> **TASK BRIEF**:
Everything in the data below is left aside except the lines from the one containing "let wrote = write_balances-holds" through the one containing "elim (Result-cases (resolve"; repeat those exactly.

··· SUPPLIED DATA ···

-- ===== src/Ledger/Books/Final.antt =====
-- Proofs about what becomes of a hold that was captured or released, whatever the ledger is asked.
use bank_core.Prelude.{
  ℕ, ◌≡◌, ◌⊎◌, inl, inr, arith, String, str_eq, List, [], ◌∷◌, some, Option-cases, ◌∙◌,
}
use bank_core.Prelude.Int.{ℤ}
use bank_core.Prelude.Dict.{Dict}
use bank_core.Prelude.Results.{ok, Result-cases}
use bank_core.Ledger.Domain.{Account, Balance, Hold, Posting, hold_captured, hold_released}
use bank_core.Ledger.Store.{
  domain, not_found, ref_conflict, held_underflow, db_error, AccountRef, PostingSpec, EntryView, Db,
  find_row, update_balance, get_entry_ref,
}
use bank_core.Ledger.Store.Lemmas.{within_tx_keeps, >>=-eq-ok}
use bank_core.Ledger.Service.{
  Draws, resolve, post_new, capture_step, post_once_tx, post_transaction, write_balances,
  place_hold, release_hold_tx, release_hold_op, sweep, list_expired_holds,
}
use bank_core.Ledger.Books.Kept.{
  update_balance-holds, Stays, not_active, set-Stays, row-id, found-own, release-Stays,
  sweep_holds-Stays, place_hold-Stays,
}
use bank_core.Ledger.Books.Place.{tables_after}
use bank_core.Ledger.Books.Capture.{named_hold, capture_step-eq, capture_step-none}
use bank_core.Ledger.Books.Steps.{post_new-Steps}
use bank_core.Ledger.Books.Post.{replayed-same, post_transaction-tables}

-- A call of the ledger that writes holds.
pub data Call : Type 0 where
  posts : Draws → String → String → String → List PostingSpec → Call
  places : List String → AccountRef → ℤ → String → String → String → ℕ → Call
  releases : String → Call
  sweeps : ℕ → Call

abbrev pub serve : Call → Db → Db
serve (posts draws ref_type ref_id hold_id specs) db =
    (post_transaction draws ref_type ref_id hold_id specs db).1
serve (places ids ref amount currency ref_type ref_id at) db =
    tables_after (place_hold ids ref amount currency ref_type ref_id at db) db
serve (releases id) db = (release_hold_op id db).1
serve (sweeps now) db = sweep now db

abbrev pub serve_all : List Call → Db → Db
serve_all [] db = db
serve_all (c ∷ cs) db = serve_all cs (serve c db)

write_balances-holds :
    (ids : List String) (out : Dict Balance) (db db' : Db)
    → write_balances ids out db ≡ ok (tt, db')
    → db'.holds ≡ db.holds
unfolding write_balances
write_balances-holds [] out db db' e = ground arith
write_balances-holds (id ∷ ids) out db db' e =
    let (_, db₁, wrote, rest) = >>=-eq-ok (update_balance _) _ db e in
    write_balances-holds ids out db₁ db' rest ∙ update_balance-holds _ db db₁ wrote

holds-through :
    (captured entered posted wrote db' : Db)
    → entered ≡ record captured { entries = entered.entries; entry_refs = entered.entry_refs }
    → posted ≡ record entered { postings = posted.postings }
    → wrote.holds ≡ posted.holds
    → db' ≡ record wrote { outbox = db'.outbox }
    → db'.holds ≡ captured.holds
holds-through captured entered posted wrote db' h₁ h₂ h₃ h₄ = ground arith

module _ (h : Hold) (over : (h.status ≡ hold_captured) ⊎ (h.status ≡ hold_released)) where
  capture-Stays :
      (ref_type ref_id hold_id : String) (delta adj : Dict ℤ) (db db' : Db)
      → Stays h over db
      → capture_step ref_type ref_id hold_id delta db ≡ ok (adj, db')
      → Stays h over db'
  capture-Stays ref_type ref_id hold_id delta adj db db' stays e =
      elim (Option-cases (named_hold hold_id db)) [
        | inl unnamed ↦
            rw ((capture_step-none ref_type ref_id hold_id delta adj db db' unnamed e).1) stays
        | inr (g, named) ↦
            let (active, _, tables) =
              capture_step-eq ref_type ref_id hold_id delta adj db db' g named e in
            let found : (find_row (λ r. str_eq r.id hold_id) db.holds ≡ some g) =
              ground (arith, named) in
            let own = found-own h over hold_id db.holds g found in
            set-Stays h over g.id hold_captured db db'
              (λ same. absurd (
                not_active h over (
                  ground (
                    arith,
                    active,
                    row-id h over hold_id g db stays found (ground (arith, own, same)),
                  ))))
              (ground (arith, tables)) stays
      ]

  post_new-Stays :
      (draws : Draws) (ref_type ref_id hold_id : String) (accounts : Dict Account)
      (ps : List Posting) (db db' : Db) (view : EntryView)
      → Stays h over db
      → post_new draws ref_type ref_id hold_id accounts ps db ≡ ok (view, db')
      → Stays h over db'
  post_new-Stays draws ref_type ref_id hold_id accounts ps db db' view stays e =
      let s = post_new-Steps draws ref_type ref_id hold_id accounts ps db db' view e in
      let after =
        capture-Stays ref_type ref_id hold_id s.delta s.adj db s.captured stays s.capture in
      let wrote = write_balances-holds _ s.balances s.posted s.wrote s.writing in
      let same : (db'.holds ≡ s.captured.holds) =
        holds-through s.captured s.entered s.posted s.wrote db' s.entry_tables s.legs.tables wrote
          s.final_tables in
      rw same after

  post-Stays :
      (draws : Draws) (ref_type ref_id hold_id : String) (specs : List PostingSpec) (db db' : Db)
      (view : EntryView)
      → Stays h over db
      → post_once_tx draws ref_type ref_id hold_id specs db ≡ ok (view, db')
      → Stays h over db'
  unfolding post_once_tx
  post-Stays draws ref_type ref_id hold_id specs db db' view stays e =
      elim (Result-cases (resolve specs [] db)) [
        | inr (x, unknown) ↦ absurd (ground arith)
        | inl ((accounts, ps), resolved) ↦ elim (Result-cases (get_entry_ref ref_type ref_id db)) [
          | inl ((entry_id, at), known) ↦
              let same : (db ≡ db') =
                replayed-same draws ref_type ref_id hold_id specs db db' view accounts ps entry_id
                  at resolved known e in
              rw (← same) stays
          | inr (not_found, new) ↦
              post_new-Stays draws ref_type ref_id hold_id accounts ps db db' view stays
                (ground arith)
          | inr (domain x, failed) ↦ absurd (ground arith)
          | inr (ref_conflict, failed) ↦ absurd (ground arith)
          | inr (held_underflow, failed) ↦ absurd (ground arith)
          | inr (db_error, failed) ↦ absurd (ground arith)
        ]
      ]

  serve-Stays : (c : Call) (db : Db) → Stays h over db → Stays h over (serve c db)
  unfolding release_hold_op sweep
  serve-Stays (posts draws ref_type ref_id hold_id specs) db stays =
      elim (post_transaction-tables draws ref_type ref_id hold_id specs db) [
        | inl kept ↦ rw kept stays
        | inr through ↦ rw through (
            within_tx_keeps (Stays h over) (post_once_tx draws ref_type ref_id hold_id specs) db
              stays
              (λ view db' done.
                post-Stays draws ref_type ref_id hold_id specs db db' view stays done))
      ]
  serve-Stays (places ids ref amount currency ref_type ref_id at) db stays =
      place_hold-Stays h over ids ref amount currency ref_type ref_id at db stays
  serve-Stays (releases id) db stays =
      within_tx_keeps (Stays h over) (release_hold_tx id) db stays
        (λ out db' done. release-Stays h over id db db' out stays done)
  serve-Stays (sweeps now) db stays =
      sweep_holds-Stays h over (list_expired_holds now 100 db) db stays

-- A hold that is captured or released is never changed again: whatever posts, holds, releases and
-- sweeps the ledger is asked for, in whatever order, its row stays as it is.
pub hold_final :
    (h : Hold) (calls : List Call) (db : Db)
    → (h.status ≡ hold_captured) ⊎ (h.status ≡ hold_released)
    → find_row (λ g. str_eq g.id h.id) db.holds ≡ some h
    → find_row (λ g. str_eq g.id h.id) (serve_all calls db).holds ≡ some h
hold_final h [] db over stays = stays
hold_final h (c ∷ calls) db over stays =
    hold_final h calls (serve c db) over (serve-Stays h over c db stays)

···

> **TASK RESULT**:
      let wrote = write_balances-holds _ s.balances s.posted s.wrote s.writing in
      let same : (db'.holds ≡ s.captured.holds) =
        holds-through s.captured s.entered s.posted s.wrote db' s.entry_tables s.legs.tables wrote
          s.final_tables in
      rw same after

  post-Stays :
      (draws : Draws) (ref_type ref_id hold_id : String) (specs : List PostingSpec) (db db' : Db)
      (view : EntryView)
      → Stays h over db
      → post_once_tx draws ref_type ref_id hold_id specs db ≡ ok (view, db')
      → Stays h over db'
  unfolding post_once_tx
  post-Stays draws ref_type ref_id hold_id specs db db' view stays e =
      elim (Result-cases (resolve specs [] db)) [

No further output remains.